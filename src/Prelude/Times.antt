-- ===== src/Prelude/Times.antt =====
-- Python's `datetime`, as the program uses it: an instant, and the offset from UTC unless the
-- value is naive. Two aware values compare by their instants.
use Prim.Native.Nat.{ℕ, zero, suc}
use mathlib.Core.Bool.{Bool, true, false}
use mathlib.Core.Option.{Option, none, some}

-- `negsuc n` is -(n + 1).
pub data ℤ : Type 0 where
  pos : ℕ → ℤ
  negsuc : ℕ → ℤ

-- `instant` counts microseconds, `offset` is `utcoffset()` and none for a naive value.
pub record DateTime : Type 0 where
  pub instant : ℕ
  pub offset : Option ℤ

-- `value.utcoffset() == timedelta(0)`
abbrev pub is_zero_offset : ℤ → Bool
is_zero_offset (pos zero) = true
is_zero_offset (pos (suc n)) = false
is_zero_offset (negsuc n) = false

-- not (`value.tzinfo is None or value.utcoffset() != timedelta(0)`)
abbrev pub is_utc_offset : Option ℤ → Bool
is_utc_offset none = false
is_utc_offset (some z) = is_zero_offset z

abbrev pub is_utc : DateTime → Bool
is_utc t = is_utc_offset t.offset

..........

The lines from the one containing "abbrev pub is_utc_offset : Option ℤ → Bool" to the final line of the listing above must be set down exactly, both included.

abbrev pub is_utc_offset : Option ℤ → Bool
is_utc_offset none = false
is_utc_offset (some z) = is_zero_offset z

abbrev pub is_utc : DateTime → Bool
is_utc t = is_utc_offset t.offset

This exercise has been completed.